= Beginning of Section =

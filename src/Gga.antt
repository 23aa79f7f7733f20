-- ===== src/Gga.antt =====
-- hpc/gga_cpp/src/main.cpp: layouts on a list of candidate sites, as zero-based numbers, their ranking
-- and their cables.
pub mod Layout
pub mod Ranking
pub mod Cables
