-- ===== src/Gga/Cables.antt =====
-- `group_tree`: the cables of a group of turbines, by Prim's algorithm, and the one to the substation.
-- An index or a turbine that may be -1 is a ℤ.
pub mod Linked
pub mod Marked
pub mod Growing
pub mod Spanning
mod Examples
use fode_hpc_wflop.Base.{
  ℕ, zero, suc, ◌-◌, ℤ, pos, negsuc, Bool, true, false, not, ◌&&◌, List, [], ◌∷◌, ◌++◌,
  if◌then◌else◌, length, get_or, set, range, range_from, replicate, is_empty,
}
use fode_hpc_wflop.Double.{Double, ◌⊖◌, nought}

pub record Point (W : Type 0) : Type 0 where
  pub x : W
  pub y : W

pub record Edge (W : Type 0) : Type 0 where
  pub from : ℤ
  pub to : ℕ
  pub span : W  -- `length`

-- `key`, `parent`, `used` and `edges`
pub record Tree (W : Type 0) : Type 0 where
  pub keys : List W
  pub parents : List ℤ
  pub used : List Bool
  pub edges : List (Edge W)

module _ {W : Type 0} ⦃D : Double W⦄ where
  unfoldable pub distance : Point W → Point W → W
  distance lhs rhs = D.hypot (lhs.x ⊖ rhs.x) (lhs.y ⊖ rhs.y)

  -- `selected < 0 || key[index] < key[selected]`
  abbrev pub comes_first : List W → ℕ → ℤ → Bool
  comes_first keys index (negsuc m) = true
  comes_first keys index (pos chosen) = D.lt (get_or keys index nought) (get_or keys chosen nought)

  -- The loop that selects the unused index with the smallest key.
  unfoldable pub pick : Tree W → List ℕ → ℤ → ℤ
  pick t [] chosen = chosen
  pick t (index ∷ indices) chosen = pick t indices (
      if not (get_or t.used index false) && comes_first t.keys index chosen
      then pos index
      else chosen)

  module _ (coordinates : List (Point W)) where
    abbrev pub at_index : ℕ → Point W
    at_index i = get_or coordinates i (record { x = nought; y = nought })

    abbrev pub apart : ℕ → ℕ → W
    apart i j = distance (at_index i) (at_index j)

    unfoldable pub closest_to : Point W → List ℕ → ℕ → ℕ
    closest_to substation [] closest = closest
    closest_to substation (index ∷ indices) closest = closest_to substation indices (
        if D.lt (distance (at_index index) substation) (distance (at_index closest) substation)
        then index
        else closest)

  module _ (group : List ℕ) (coordinates : List (Point W)) where
    -- The edge from the parent of an index, when it has one.
    abbrev pub parent_edge : ℤ → ℕ → List (Edge W)
    parent_edge (negsuc m) selected = []
    parent_edge (pos source) selected =
        record {
          from = pos (get_or group source 0);
          to = get_or group selected 0;
          span = apart coordinates source selected;
        }
        ∷ []

    -- The loop over `other`.
    unfoldable pub relax : ℕ → List ℕ → Tree W → Tree W
    relax selected [] t = t
    relax selected (other ∷ others) t =
        let candidate = apart coordinates selected other in
        let nearer =
          not (get_or t.used other false) && D.lt candidate (get_or t.keys other nought) in
        relax selected others (record t {
          keys = if nearer then set t.keys other candidate else t.keys;
          parents = if nearer then set t.parents other (pos selected) else t.parents;
        })

    -- The body of the loop, behind the selection; without a selected index nothing is left to do.
    unfoldable pub attach : ℤ → Tree W → Tree W
    unfolding relax
    attach (negsuc m) t = t
    attach (pos selected) t = relax selected (range (length group)) (record t {
      used = set t.used selected true;
      edges = t.edges ++ parent_edge (get_or t.parents selected (negsuc 0)) selected;
    })

    unfoldable pub grow : ℕ → Tree W → Tree W
    unfolding attach pick
    grow zero t = t
    grow (suc iterations) t = grow iterations (attach (pick t (range (length group)) (negsuc 0)) t)

    abbrev pub seed : Tree W
    seed = record {
      keys = set (replicate (length group) D.infinity) 0 nought;
      parents = replicate (length group) (negsuc 0);
      used = replicate (length group) false;
      edges = [];
    }

    unfoldable pub group_tree : Point W → List (Edge W)
    unfolding grow closest_to
    group_tree substation =
        let t = grow (length group) seed in
        let closest = closest_to coordinates substation (range_from 1 (length group - 1)) 0 in
        let last : Edge W = record {
          from = negsuc 0;
          to = get_or group closest 0;
          span = distance (at_index coordinates closest) substation;
        } in
        if is_empty group then [] else t.edges ++ last ∷ []
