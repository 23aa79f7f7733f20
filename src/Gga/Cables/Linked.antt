-- ===== src/Gga/Cables/Linked.antt =====
-- Nodes that edges of a cable plan join.
use fode_hpc_wflop.Base.{
  ℕ, zero, suc, ◌<◌, ◌≡◌, refl, ◌∙◌, ℤ, pos, List, [], ◌∷◌, ◌++◌, length, get_or, length-append,
  arith,
}
use fode_hpc_wflop.Gga.Cables.{Edge}

-- `edges` lead from one node to the other, in either direction; -1 is the substation.
pub data Linked {W : Type 0} (edges : List (Edge W)) : ℤ → ℤ → Type 0 where
  here : {a : ℤ} → Linked edges a a
  cable :
      (i : ℕ) (e : Edge W)
      → i < length edges
      → get_or edges i e ≡ e
      → Linked edges e.from (pos e.to)
  back : {a b : ℤ} → Linked edges a b → Linked edges b a
  join : {a b c : ℤ} → Linked edges a b → Linked edges b c → Linked edges a c

module _ {W : Type 0} where
  get_or-append :
      (xs ys : List (Edge W)) (i : ℕ) (d : Edge W)
      → i < length xs
      → get_or (xs ++ ys) i d ≡ get_or xs i d
  get_or-append [] ys i d h = absurd (omega arith)
  get_or-append (x ∷ xs) ys zero d h = refl
  get_or-append (x ∷ xs) ys (suc i) d h = get_or-append xs ys i d (omega arith)

  get_or-end : (xs : List (Edge W)) (e : Edge W) → get_or (xs ++ e ∷ []) (length xs) e ≡ e
  get_or-end [] e = refl
  get_or-end (x ∷ xs) e = get_or-end xs e

  pub Linked-more : (xs ys : List (Edge W)) {a b : ℤ} → Linked xs a b → Linked (xs ++ ys) a b
  Linked-more xs ys here = here
  Linked-more xs ys (cable i e h p) =
      cable i e (omega (arith, length-append xs ys)) (get_or-append xs ys i e h ∙ p)
  Linked-more xs ys (back l) = back (Linked-more xs ys l)
  Linked-more xs ys (join l r) = join (Linked-more xs ys l) (Linked-more xs ys r)

  pub Linked-last : (xs : List (Edge W)) (e : Edge W) → Linked (xs ++ e ∷ []) e.from (pos e.to)
  Linked-last xs e =
      cable (length xs) e (omega (arith, length-append xs (e ∷ []))) (get_or-end xs e)
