-- ===== src/Gga/Cables/Marked.antt =====
-- What the loops of `group_tree` do to the indices.
use fode_hpc_wflop.Base.{
  ℕ, zero, suc, ◌+◌, ◌≤◌, ◌<◌, ◌≡◌, ◌≢◌, refl, ◌∙◌, ℤ, pos, negsuc, Bool, true, false, not, ◌&&◌,
  ◌⊎◌, inl, inr, List, [], ◌∷◌, ◌==◌, length, get_or, set, range_from, get_or-set_self,
  get_or-set_ne, length-set, Bool-cases, arith,
}
use fode_hpc_wflop.Double.{Double, nought}
use fode_hpc_wflop.Fode.Grid.Masks.{count_marks, count_marks-le}
use fode_hpc_wflop.Gga.Cables.{Point, Tree, comes_first, pick, apart, relax}

-- Below its length a count has an index without a mark; at its length it has none.
pub some_clear :
    (os : List Bool)
    → count_marks os < length os
    → (i : ℕ) × (i < length os) × (get_or os i false ≡ false)
some_clear [] h = absurd (omega arith)
some_clear (false ∷ os) h = (0, omega arith, refl)
some_clear (true ∷ os) h =
    let (i, low, clear) = some_clear os (omega arith) in (suc i, omega arith, clear)

pub all_marked :
    (os : List Bool) (i : ℕ) → count_marks os ≡ length os → i < length os → get_or os i false ≡ true
all_marked [] i h low = absurd (omega arith)
all_marked (true ∷ os) zero h low = refl
all_marked (true ∷ os) (suc i) h low = all_marked os i (omega arith) (omega arith)
all_marked (false ∷ os) i h low = absurd (omega (arith, count_marks-le os))

set_cases :
    (xs : List ℤ) (i j : ℕ) (v d : ℤ)
    → (get_or (set xs i v) j d ≡ get_or xs j d) ⊎ (get_or (set xs i v) j d ≡ v)
set_cases [] i j v d = inl refl
set_cases (x ∷ xs) zero zero v d = inr refl
set_cases (x ∷ xs) zero (suc j) v d = inl refl
set_cases (x ∷ xs) (suc i) zero v d = inl refl
set_cases (x ∷ xs) (suc i) (suc j) v d = set_cases xs i j v d

module _ {W : Type 0} ⦃D : Double W⦄ where
  pub record Picked (n : ℕ) (t : Tree W) (r : ℤ) : Type 0 where
    pub chosen : ℕ
    pub is_chosen : r ≡ pos chosen
    pub low : chosen < n
    pub clear : get_or t.used chosen false ≡ false

  module _ (n : ℕ) (t : Tree W) where
    pick_keeps :
        (a m c : ℕ)
        → a + m ≤ n
        → c < n
        → get_or t.used c false ≡ false
        → Picked n t (pick t (range_from a m) (pos c))
    unfolding pick
    pick_keeps a zero c room low h = record { chosen = c; is_chosen = refl; low = low; clear = h }
    pick_keeps a (suc m) c room low h =
        elim (Bool-cases (not (get_or t.used a false) && comes_first t.keys a (pos c))) [
          | inl first ↦
              rw (first, pick) (pick_keeps (suc a) m a (omega arith) (omega arith) (ground arith))
          | inr later ↦ rw (later, pick) (pick_keeps (suc a) m c (omega arith) low h)
        ]

    -- The selection finds an unused index when there is one.
    pub pick-Picked :
        (a m j : ℕ)
        → a + m ≤ n
        → a ≤ j
        → j < a + m
        → get_or t.used j false ≡ false
        → Picked n t (pick t (range_from a m) (negsuc 0))
    unfolding pick
    pick-Picked a zero j room above below h = absurd (omega arith)
    pick-Picked a (suc m) j room above below h = elim (Bool-cases (get_or t.used a false)) [
      | inl used ↦
          rw (used, pick)
            (pick-Picked (suc a) m j (omega arith)
              (elim (Bool-cases (a == j)) [
                | inl same ↦ absurd (let p : a ≡ j = ground arith in cc (used, h, p))
                | inr other ↦ ground arith
              ])
              (omega arith) h)
      | inr clear ↦ rw (clear, pick) (pick_keeps (suc a) m a (omega arith) (omega arith) clear)
    ]

  module _ (group : List ℕ) (coordinates : List (Point W)) (selected n : ℕ) where
    abbrev nearer : ℕ → Tree W → Bool
    nearer other t =
        not (get_or t.used other false)
        && D.lt (apart coordinates selected other) (get_or t.keys other nought)

    abbrev set_near : ℕ → Tree W → Tree W
    set_near other t = record t {
      keys = set t.keys other (apart coordinates selected other);
      parents = set t.parents other (pos selected);
    }

    -- The loop over `other` gives the selected index as the parent, or leaves the parent.
    pub record Relaxed (a m : ℕ) (t u : Tree W) : Type 0 where
      pub used_same : u.used ≡ t.used
      pub edges_same : u.edges ≡ t.edges
      pub parents_long : length u.parents ≡ length t.parents
      pub parents :
          (i : ℕ)
          → (get_or u.parents i (negsuc 0) ≡ get_or t.parents i (negsuc 0))
            ⊎ (get_or u.parents i (negsuc 0) ≡ pos selected)
      pub reached :
          (i : ℕ)
          → a ≤ i
          → i < a + m
          → i < length t.parents
          → get_or t.used i false ≡ false
          → D.lt (apart coordinates selected i) (get_or t.keys i nought) ≡ true
          → get_or u.parents i (negsuc 0) ≡ pos selected

    pub relax-Relaxed :
        (a m : ℕ) (t : Tree W) → Relaxed a m t (relax group coordinates selected (range_from a m) t)
    unfolding relax
    relax-Relaxed a zero t = record {
      used_same = refl;
      edges_same = refl;
      parents_long = refl;
      parents = λ i. inl refl;
      reached = λ i above below. absurd (omega arith);
    }
    relax-Relaxed a (suc m) t = elim (Bool-cases (nearer a t)) [
      | inl near ↦
          rw (near, relax)
            (let rest = relax-Relaxed (suc a) m (set_near a t) in
              record {
                used_same = rest.used_same;
                edges_same = rest.edges_same;
                parents_long = rest.parents_long ∙ length-set t.parents a (pos selected);
                parents = λ i. elim (rest.parents i) [
                  | inr now ↦ inr now
                  | inl before ↦ elim (set_cases t.parents a i (pos selected) (negsuc 0)) [
                    | inl old ↦ inl (before ∙ old)
                    | inr new ↦ inr (before ∙ new)
                  ]
                ];
                reached = λ i above below inside clear close. elim (Bool-cases (a == i)) [
                  | inl same ↦ elim (rest.parents i) [
                    | inr now ↦ now
                    | inl before ↦
                        let p : a ≡ i = ground arith in
                        before ∙ rw p (get_or-set_self t.parents i (pos selected) (negsuc 0) inside)
                  ]
                  | inr other ↦
                      let apart_from : a ≢ i = λ p. ground arith in
                      rest.reached i (ground arith) (omega arith)
                        (omega (arith, length-set t.parents a (pos selected))) clear
                        (rw
                          (get_or-set_ne t.keys a i (apart coordinates selected a) nought
                            apart_from)
                          close)
                ];
              })
      | inr far ↦
          rw (far, relax)
            (let rest = relax-Relaxed (suc a) m t in
              record {
                used_same = rest.used_same;
                edges_same = rest.edges_same;
                parents_long = rest.parents_long;
                parents = rest.parents;
                reached = λ i above below inside clear close. elim (Bool-cases (a == i)) [
                  | inl same ↦ let p : a ≡ i = ground arith in absurd (cc (far, p, clear, close))
                  | inr other ↦ rest.reached i (ground arith) (omega arith) inside clear close
                ];
              })
    ]
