-- ===== src/Gga/Cables/Growing.antt =====
-- A round of `group_tree` adds an index and the edge from its parent.
use fode_hpc_wflop.Base.{
  ℕ, suc, ◌+◌, ◌<◌, ◌≡◌, ◌≢◌, refl, sym, ap, subst, ◌∙◌, ℤ, pos, negsuc, Bool, true, false, inl,
  inr, List, [], ◌∷◌, ◌++◌, ◌==◌, length, get_or, set, range, get_or-set_self, get_or-set_ne,
  length-set, length-append, Bool-cases, arith,
}
use fode_hpc_wflop.Double.{Double}
use fode_hpc_wflop.Fode.Grid.Masks.{count_marks, count_marks-set}
use fode_hpc_wflop.Gga.Cables.{Point, Edge, Tree, pick, apart, parent_edge, relax, attach}
use fode_hpc_wflop.Gga.Cables.Linked.{Linked, Linked-more, Linked-last}
use fode_hpc_wflop.Gga.Cables.Marked.{some_clear, pick-Picked, Relaxed, relax-Relaxed}

module _ {W : Type 0} ⦃D : Double W⦄ (group : List ℕ) (coordinates : List (Point W)) where
  abbrev pub node : ℕ → ℤ
  node i = pos (get_or group i 0)

  -- After `k` rounds: `k` indices are used, all joined, and the others have a used one as parent.
  pub record Growing (k : ℕ) (t : Tree W) : Type 0 where
    pub used_long : length t.used ≡ length group
    pub parents_long : length t.parents ≡ length group
    pub counted : count_marks t.used ≡ k
    pub edges_long : length t.edges + 1 ≡ k
    pub waiting :
        (i : ℕ)
        → i < length group
        → get_or t.used i false ≡ false
        → (p : ℕ) × (get_or t.parents i (negsuc 0) ≡ pos p)
          × (p < length group)
          × (get_or t.used p false ≡ true)
    pub linked :
        (i : ℕ) → i < length group → get_or t.used i false ≡ true → Linked t.edges (node 0) (node i)

  module _ (k : ℕ) (t : Tree W) (v : Growing k t) (c : ℕ) (low : c < length group)
      (clear : get_or t.used c false ≡ false) where
    abbrev marked : List Bool
    marked = set t.used c true

    marked_self : get_or marked c false ≡ true
    marked_self = get_or-set_self t.used c true false (omega (arith, v.used_long))

    marked_old : (i : ℕ) → i ≢ c → get_or marked i false ≡ get_or t.used i false
    marked_old i other = get_or-set_ne t.used c i true false (λ p. other (sym p))

    marked_stays : (i : ℕ) → get_or t.used i false ≡ true → get_or marked i false ≡ true
    marked_stays i h = elim (Bool-cases (i == c)) [
      | inl same ↦ let p : i ≡ c = ground arith in rw p marked_self
      | inr other ↦ let q : i ≢ c = λ p. ground arith in marked_old i q ∙ h
    ]

    abbrev parent : ℕ
    parent = (v.waiting c low clear).0

    abbrev cable : Edge W
    cable = record { from = node parent; to = get_or group c 0; span = apart coordinates parent c }

    abbrev before : Tree W
    before = record t {
      used = marked;
      edges = t.edges ++ parent_edge group coordinates (get_or t.parents c (negsuc 0)) c;
    }

    edges_before : before.edges ≡ t.edges ++ cable ∷ []
    edges_before = let (p, e, _, _) = v.waiting c low clear in rw e refl

    abbrev after : Tree W
    after = relax group coordinates c (range (length group)) before

    relaxed : Relaxed group coordinates c (length group) 0 (length group) before after
    relaxed = relax-Relaxed group coordinates c (length group) 0 (length group) before

    used_after : (i : ℕ) → get_or after.used i false ≡ get_or marked i false
    used_after i = ap (λ os. get_or os i false) relaxed.used_same

    edges_after : after.edges ≡ t.edges ++ cable ∷ []
    edges_after = relaxed.edges_same ∙ edges_before

    linked_before :
        (i : ℕ)
        → i < length group
        → get_or marked i false ≡ true
        → Linked (t.edges ++ cable ∷ []) (node 0) (node i)
    linked_before i inside h = elim (Bool-cases (i == c)) [
      | inl same ↦
          let p : i ≡ c = ground arith in
          let (_, _, parent_low, parent_used) = v.waiting c low clear in
          rw p (
            Linked.join (Linked-more t.edges (cable ∷ []) (v.linked parent parent_low parent_used))
              (Linked-last t.edges cable))
      | inr other ↦
          let q : i ≢ c = λ p. ground arith in
          Linked-more t.edges (cable ∷ []) (v.linked i inside (sym (marked_old i q) ∙ h))
    ]

    waiting_after :
        (i : ℕ)
        → i < length group
        → get_or marked i false ≡ false
        → (p : ℕ) × (get_or after.parents i (negsuc 0) ≡ pos p)
          × (p < length group)
          × (get_or marked p false ≡ true)
    waiting_after i inside h =
        let q : i ≢ c = λ p. cc (h, marked_self, p) in
        let (p, e, parent_low, parent_used) = v.waiting i inside (sym (marked_old i q) ∙ h) in
        elim (relaxed.parents i) [
          | inl old ↦ (p, old ∙ e, parent_low, marked_stays p parent_used)
          | inr new ↦ (c, new, low, marked_self)
        ]

    attached-Growing : Growing (suc k) after
    attached-Growing = record {
      used_long = ap length relaxed.used_same ∙ length-set t.used c true ∙ v.used_long;
      parents_long = relaxed.parents_long ∙ v.parents_long;
      counted =
          ap count_marks relaxed.used_same
          ∙ count_marks-set t.used c (omega (arith, v.used_long)) clear
          ∙ omega (arith, v.counted);
      edges_long =
          omega (arith, ap length edges_after, length-append t.edges (cable ∷ []), v.edges_long);
      waiting = λ i inside h.
          let (p, e, parent_low, parent_used) = waiting_after i inside (sym (used_after i) ∙ h) in
          (p, e, parent_low, used_after p ∙ parent_used);
      linked = λ i inside h.
          subst (λ es. Linked es (node 0) (node i)) (sym edges_after)
            (linked_before i inside (sym (used_after i) ∙ h));
    }

  pub attach-Growing :
      (k : ℕ) (t : Tree W)
      → k < length group
      → Growing k t
      → Growing (suc k) (attach group coordinates (pick t (range (length group)) (negsuc 0)) t)
  unfolding attach
  attach-Growing k t more v =
      let (j, low, clear) = some_clear t.used (omega (arith, v.used_long, v.counted)) in
      let picked =
        pick-Picked (length group) t 0 (length group) j (omega arith) (omega arith)
          (omega (arith, v.used_long)) clear in
      rw picked.is_chosen (attached-Growing k t v picked.chosen picked.low picked.clear)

= End of Section =

▸ **Exercise directions**
Copy out every line from the material above in which the word "back" appears.

▸ **Task output**
  back : {a b : ℤ} → Linked edges a b → Linked edges b a
  Linked-more xs ys (back l) = back (Linked-more xs ys l)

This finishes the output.